▼

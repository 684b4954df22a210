-- ===== src/Health.antt =====
-- src/health.rs: the policy, the probe client's interface, and the loop that waits for a container.
-- Durations and clock readings are nanoseconds. An `error_message` is one constructor for each text.
pub mod Mock
pub mod Outcome
pub mod Judgement
pub mod Scripted
use hostinger.Prelude.{
  ℕ, zero, suc, ◌+◌, ◌-◌, ◌/◌, ◌%◌, ◌^◌, String, Bool, true, false, not, ◌&&◌, Option, none, some,
  List, [], ◌∷◌, ◌++◌, str_eq, str_append, to_string, ltb, ◌==◌, if◌then◌else◌, contains, lookup,
  trim_end_matches, starts_with_char, to_lowercase,
}
use Prim.Native.Nat.{max}
use mathlib.Core.List.{get_last?}
use hostinger.Exec.{Result, ok, err, Exec, pure, call, catch, now_utc, sleep, ◌>>=◌, ◌>>◌}

pub record HealthPolicy : Type 0 where
  pub path : String
  pub port : ℕ  -- u16
  pub interval : ℕ
  pub timeout : ℕ
  pub attempts : ℕ  -- u32
  pub expected_status : ℕ  -- u16
  pub grace_period : ℕ
  pub expected_body_contains : Option String
  pub expected_headers : List (String × String)

abbrev pub default_policy : HealthPolicy
default_policy = record {
  path = "/health";
  port = 8080;
  interval = 100_000_000;
  timeout = 2_000_000_000;
  attempts = 5;
  expected_status = 200;
  grace_period = 0;
  expected_body_contains = none;
  expected_headers = [];
}

pub data Message : Type 0 where
  unexpected_status : ℕ → ℕ → Message
  missing_substring : String → Message
  header_mismatch : String → String → String → Message
  missing_header : String → Message
  probe_failed : String → Message
  all_attempts_failed check_failed : Message

-- The texts, by their `format!` strings.
unfoldable pub text_of : Message → String
text_of (unexpected_status expected got) =
    str_append "expected HTTP status "
      (str_append (to_string expected) (str_append ", got " (to_string got)))
text_of (missing_substring required_text) =
    str_append "response body does not contain expected substring '" (str_append required_text "'")
text_of (header_mismatch key expected actual) = str_append "header '" (
    str_append key (
      str_append "' expected '"
        (str_append expected (str_append "', got '" (str_append actual "'")))))
text_of (missing_header key) = str_append "missing expected header '" (str_append key "'")
text_of (probe_failed e) = e
text_of all_attempts_failed = "health check failed all attempts"
text_of check_failed = "health check failed"

pub record HealthAttemptRecord : Type 0 where
  pub attempt : ℕ
  pub status_code : Option ℕ
  pub is_healthy : Bool
  pub error_message : Option Message
  pub latency_ms : ℕ
  pub timestamp : ℕ

pub record HealthCheckResult : Type 0 where
  pub is_healthy : Bool
  pub attempts : List HealthAttemptRecord
  pub final_error : Option Message

pub record ProbeResponse : Type 0 where
  pub status : ℕ
  pub headers : List (String × String)
  pub body : String

-- `trait HealthProbeClient`, over the state `X` that its calls may change.
pub record HealthProbeClient (X : Type 0) : Type 0 where
  pub probe : String → ℕ → X → Result String ProbeResponse × X

-- The loop over `expected_headers`; a HashMap is the list of its entries in iteration order. The
-- names of headers are ASCII, so `to_lowercase` lowers their ASCII letters.
check_headers : List (String × String) → ProbeResponse → Option Message
check_headers [] resp = none
check_headers ((header_key, expected_val) ∷ rest) resp =
    elim (lookup (to_lowercase header_key) resp.headers) [
      | none ↦ some (missing_header header_key)
      | some actual_val ↦
          if str_eq actual_val expected_val
          then check_headers rest resp
          else some (header_mismatch header_key expected_val actual_val)
    ]

check_body : Option String → ProbeResponse → Option Message
check_body none resp = none
check_body (some required_text) resp =
    if not (contains resp.body required_text) then some (missing_substring required_text) else none

or_else : Option Message → Option Message → Option Message
or_else (some m) other = some m
or_else none other = other

-- What is wrong with a response: `error_msg`, which is set exactly if `is_healthy` is cleared.
pub judge : HealthPolicy → ProbeResponse → Option Message
unfolding or_else
judge policy resp =
    if not (resp.status == policy.expected_status)
    then some (unexpected_status policy.expected_status resp.status)
    else or_else (check_body policy.expected_body_contains resp)
        (check_headers policy.expected_headers resp)

abbrev is_none : Option Message → Bool
is_none none = true
is_none (some m) = false

-- The verdict of one answer, as the three fields that the two arms of the `match` fill.
unfoldable pub verdict :
    HealthPolicy → Result String ProbeResponse → Option ℕ × Bool × Option Message
verdict policy (ok resp) = (some resp.status, is_none (judge policy resp), judge policy resp)
verdict policy (err e) = (none, false, some (probe_failed e))

-- `trim_end_matches('/')` on the base, and a `/` before a path that has none
unfoldable pub probe_url : String → String → String
probe_url base_url path =
    str_append (trim_end_matches b'/' base_url)
      (if starts_with_char b'/' path then path else str_append "/" path)

-- `attempts.last().and_then(|a| a.error_message.clone())`, with the text for none
pub last_error : List HealthAttemptRecord → Message
last_error attempts = elim (get_last? attempts) [
  | none ↦ all_attempts_failed
  | some a ↦ elim a.error_message [ none ↦ all_attempts_failed | some m ↦ m ]
]

-- The sleep between two attempts; none follows the last.
unfoldable pub pause : {X E : Type 0} → HealthPolicy → ℕ → Exec X E (Unit {0})
pause policy zero = pure tt
pause policy (suc left) = if ltb 0 policy.interval then sleep policy.interval else pure tt

module _ {X E : Type 0} (client : HealthProbeClient X) (url : String) (policy : HealthPolicy) where
  -- One round of the loop, up to the record that it pushes.
  unfoldable pub probe_once : ℕ → Exec X E HealthAttemptRecord
  probe_once attempt_num = do
    start ← now_utc
    timestamp ← now_utc
    probe_res ← catch {E = String} (call (client.probe url policy.timeout))
    finish ← now_utc
    pure (record {
      attempt = attempt_num;
      status_code = (verdict policy probe_res).0;
      is_healthy = (verdict policy probe_res).1;
      error_message = (verdict policy probe_res).2;
      latency_ms = (finish - start) / 1_000_000 % 2 ^ 64;
      timestamp = timestamp;
    })

  -- The rounds `attempt_num..=max_attempts`, of which `left` are to come.
  unfoldable pub poll : ℕ → ℕ → List HealthAttemptRecord → Exec X E HealthCheckResult
  poll zero attempt_num attempts =
      pure (record {
        is_healthy = false;
        attempts = attempts;
        final_error = some (last_error attempts);
      })
  poll (suc left) attempt_num attempts = do
    a ← probe_once attempt_num
    if a.is_healthy
        then pure (record { is_healthy = true; attempts = attempts ++ a ∷ []; final_error = none })
        else (do pause policy left; poll left (suc attempt_num) (attempts ++ a ∷ []))

module _ {X E : Type 0} (client : HealthProbeClient X) where
  unfoldable pub wait_until_healthy : String → HealthPolicy → Exec X E HealthCheckResult
  wait_until_healthy base_url policy = do
    if ltb 0 policy.grace_period then sleep policy.grace_period else pure tt
    poll client (probe_url base_url policy.path) policy (max policy.attempts 1) 1 []
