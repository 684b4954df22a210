-- ===== src/Health/Judgement.antt =====
-- When a response counts as healthy.
use hostinger.Prelude.{
  String, ◌≡◌, ◌↔◌, refl, true, some, none, inl, inr, Option, List, [], ◌∷◌, arith, All, contains,
  lookup, to_lowercase, eq_iff, Option-cases,
}
use hostinger.Health.{HealthPolicy, ProbeResponse, check_headers, check_body, judge}

-- An expected header is there, under its lowered name, with the expected value.
abbrev pub Carries : ProbeResponse → String × String → Type 0
Carries resp (k, v) = lookup (to_lowercase k) resp.headers ≡ some v

abbrev pub Mentions : ProbeResponse → Option String → Type 0
Mentions resp none = Unit
Mentions resp (some t) = contains resp.body t ≡ true

abbrev pub Meets : HealthPolicy → ProbeResponse → Type 0
Meets policy resp =
    (resp.status ≡ policy.expected_status)
    × Mentions resp policy.expected_body_contains
    × All (Carries resp) policy.expected_headers

module _ (resp : ProbeResponse) where
  headers_sound :
      (hs : List (String × String)) → check_headers hs resp ≡ none → All (Carries resp) hs
  unfolding check_headers
  headers_sound [] h = tt
  headers_sound ((k, v) ∷ hs) h = elim (Option-cases (lookup (to_lowercase k) resp.headers)) [
    | inl e ↦ ground arith
    | inr (actual, e) ↦
        (ground (arith, eq_iff actual v), headers_sound hs (ground (arith, eq_iff actual v)))
  ]

  headers_complete :
      (hs : List (String × String)) → All (Carries resp) hs → check_headers hs resp ≡ none
  unfolding check_headers
  headers_complete [] h = refl
  headers_complete ((k, v) ∷ hs) h =
      rw (h.0, check_headers) (rw ((eq_iff v v).1 refl) (headers_complete hs h.1))

  body_exact : (o : Option String) → (check_body o resp ≡ none) ↔ Mentions resp o
  unfolding check_body
  body_exact none = (λ h. tt, λ h. refl)
  body_exact (some t) = (λ h. ground arith, λ h. ground arith)

-- A response is accepted exactly if its status is the expected one, its body contains the expected
-- text, if there is one, and it carries each expected header with the expected value.
pub judge-none_iff :
    (policy : HealthPolicy) (resp : ProbeResponse) → (judge policy resp ≡ none) ↔ Meets policy resp
unfolding judge
judge-none_iff policy resp = (
  λ h. (
    ground arith,
    (body_exact resp policy.expected_body_contains).0 (ground arith),
    headers_sound resp policy.expected_headers (ground arith),
  ),
  λ h. ground (
    arith,
    (body_exact resp policy.expected_body_contains).1 h.1,
    headers_complete resp policy.expected_headers h.2,
  ),
)
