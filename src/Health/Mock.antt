-- ===== src/Health/Mock.antt =====
-- `MockHealthProbeClient` of src/health.rs: answers from a queue, and records the URLs probed.
use hostinger.Prelude.{String, List, [], ◌∷◌, ◌++◌}
use hostinger.Exec.{Result, err}
use hostinger.Health.{ProbeResponse, HealthProbeClient}

pub record MockClient : Type 0 where
  pub queued_responses : List (Result String ProbeResponse)
  pub probed_urls : List String

-- The head of the queue, and the rest.
abbrev pub take_response :
    List (Result String ProbeResponse)
    → Result String ProbeResponse × List (Result String ProbeResponse)
take_response [] = (err "no mock responses remaining", [])
take_response (next ∷ queue) = (next, queue)

abbrev pub mock_client : HealthProbeClient MockClient
mock_client = record {
  probe = λ url timeout c. (
    (take_response c.queued_responses).0,
    record {
      queued_responses = (take_response c.queued_responses).1;
      probed_urls = c.probed_urls ++ url ∷ [];
    },
  );
}
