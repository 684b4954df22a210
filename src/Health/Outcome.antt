-- ===== src/Health/Outcome.antt =====
-- What `wait_until_healthy` returns, for any client and any environment.
use Prim.Native.Nat.{max}
use hostinger.Prelude.{
  ℕ, zero, suc, ◌+◌, ◌≤◌, String, ◌≡◌, refl, ◌⊎◌, inl, inr, true, false, none, some, List, [], ◌∷◌,
  ◌++◌, arith, length, All, length-append, All-append, Bool-cases, ltb,
}
use hostinger.Exec.{ok, World, call, now_utc, sleep, continue}
use hostinger.Health.{
  HealthPolicy, HealthAttemptRecord, HealthCheckResult, HealthProbeClient, Message, last_error,
  probe_once, probe_url, pause, poll, wait_until_healthy,
}

abbrev Unhealthy : HealthAttemptRecord → Type 0
Unhealthy a = a.is_healthy ≡ false

-- The loop stopped at the first healthy attempt, or it made `limit` attempts in vain.
abbrev pub IsSettled : ℕ → HealthCheckResult → Type 0
IsSettled limit r =
    (r.is_healthy ≡ true)
      × (r.final_error ≡ none)
      × (length r.attempts ≤ limit)
      × ((before : List HealthAttemptRecord) × (last : HealthAttemptRecord) × (r.attempts
            ≡ before ++ last ∷ [])
          × All Unhealthy before
          × (last.is_healthy ≡ true))
    ⊎ (r.is_healthy ≡ false)
      × (length r.attempts ≡ limit)
      × All Unhealthy r.attempts
      × ((m : Message) × (r.final_error ≡ some m))

module _ {X E : Type 0} (client : HealthProbeClient X) (url : String) (policy : HealthPolicy) where
  probe_once_ok :
      (n : ℕ) (w : World X)
      → (a : HealthAttemptRecord) × (w' : World X) × (probe_once {E = E} client url policy n w
          ≡ (ok a, w'))
  unfolding probe_once now_utc call
  probe_once_ok n w = (_, _, refl)

  pause_ok : (left : ℕ) (w : World X) → (w' : World X) × (pause {E = E} policy left w ≡ (ok tt, w'))
  unfolding pause sleep
  pause_ok zero w = (w, refl)
  pause_ok (suc left) w = elim (Bool-cases (ltb 0 policy.interval)) [
    | inl e ↦ (record w { step = suc w.step }, rw e refl)
    | inr e ↦ (w, rw e refl)
  ]

  poll-IsSettled :
      (left n limit : ℕ) (attempts : List HealthAttemptRecord) (w : World X)
      → length attempts + left ≡ limit
      → All Unhealthy attempts
      → (r : HealthCheckResult) × ((poll {E = E} client url policy left n attempts w).0 ≡ ok r)
        × IsSettled limit r
  unfolding poll
  poll-IsSettled zero n limit attempts w k h =
      (_, refl, inr (refl, omega arith, h, (last_error attempts, refl)))
  poll-IsSettled (suc left) n limit attempts w k h =
      let (a, w', e) = probe_once_ok n w in
      elim (Bool-cases a.is_healthy) [
        | inl healthy ↦ (
          record { is_healthy = true; attempts = attempts ++ a ∷ []; final_error = none },
          rw (e, continue, healthy) refl,
          inl (
            refl,
            refl,
            omega (arith, length-append attempts (a ∷ [])),
            (attempts, a, refl, h, healthy),
          ),
        )
        | inr unhealthy ↦
            let (w'', p) = pause_ok left w' in
            let (r, q, s) =
              poll-IsSettled left (suc n) limit (attempts ++ a ∷ []) w''
                (omega (arith, length-append attempts (a ∷ [])))
                (All-append Unhealthy attempts (a ∷ []) h (unhealthy, tt)) in
            (r, rw (e, continue, unhealthy) (rw (p, continue) q), s)
      ]

module _ {X E : Type 0} (client : HealthProbeClient X) (policy : HealthPolicy) where
  -- Waiting never fails to return a result: it makes at most `attempts` probes, one if that is 0,
  -- and it either ends at its first healthy attempt, or it has made them all, each unhealthy, and
  -- reports an error.
  pub wait-IsSettled :
      (base_url : String) (w : World X)
      → (r : HealthCheckResult) × ((wait_until_healthy {E = E} client base_url policy w).0 ≡ ok r)
        × IsSettled (max policy.attempts 1) r
  unfolding wait_until_healthy sleep
  wait-IsSettled base_url w = elim (Bool-cases (ltb 0 policy.grace_period)) [
    | inl e ↦
        let (r, q, s) =
          poll-IsSettled {E = E} client (probe_url base_url policy.path) policy
            (max policy.attempts 1) 1 _ [] (record w { step = suc w.step }) (omega arith) tt in
        (r, rw (e, continue) q, s)
    | inr e ↦
        let (r, q, s) =
          poll-IsSettled {E = E} client (probe_url base_url policy.path) policy
            (max policy.attempts 1) 1 _ [] w (omega arith) tt in
        (r, rw (e, continue) q, s)
  ]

▲

▸ TASK REQUIREMENTS:
Count how many lines of the entries contain the word "module"; only the number should appear in the reply.

▸ ANSWER:
5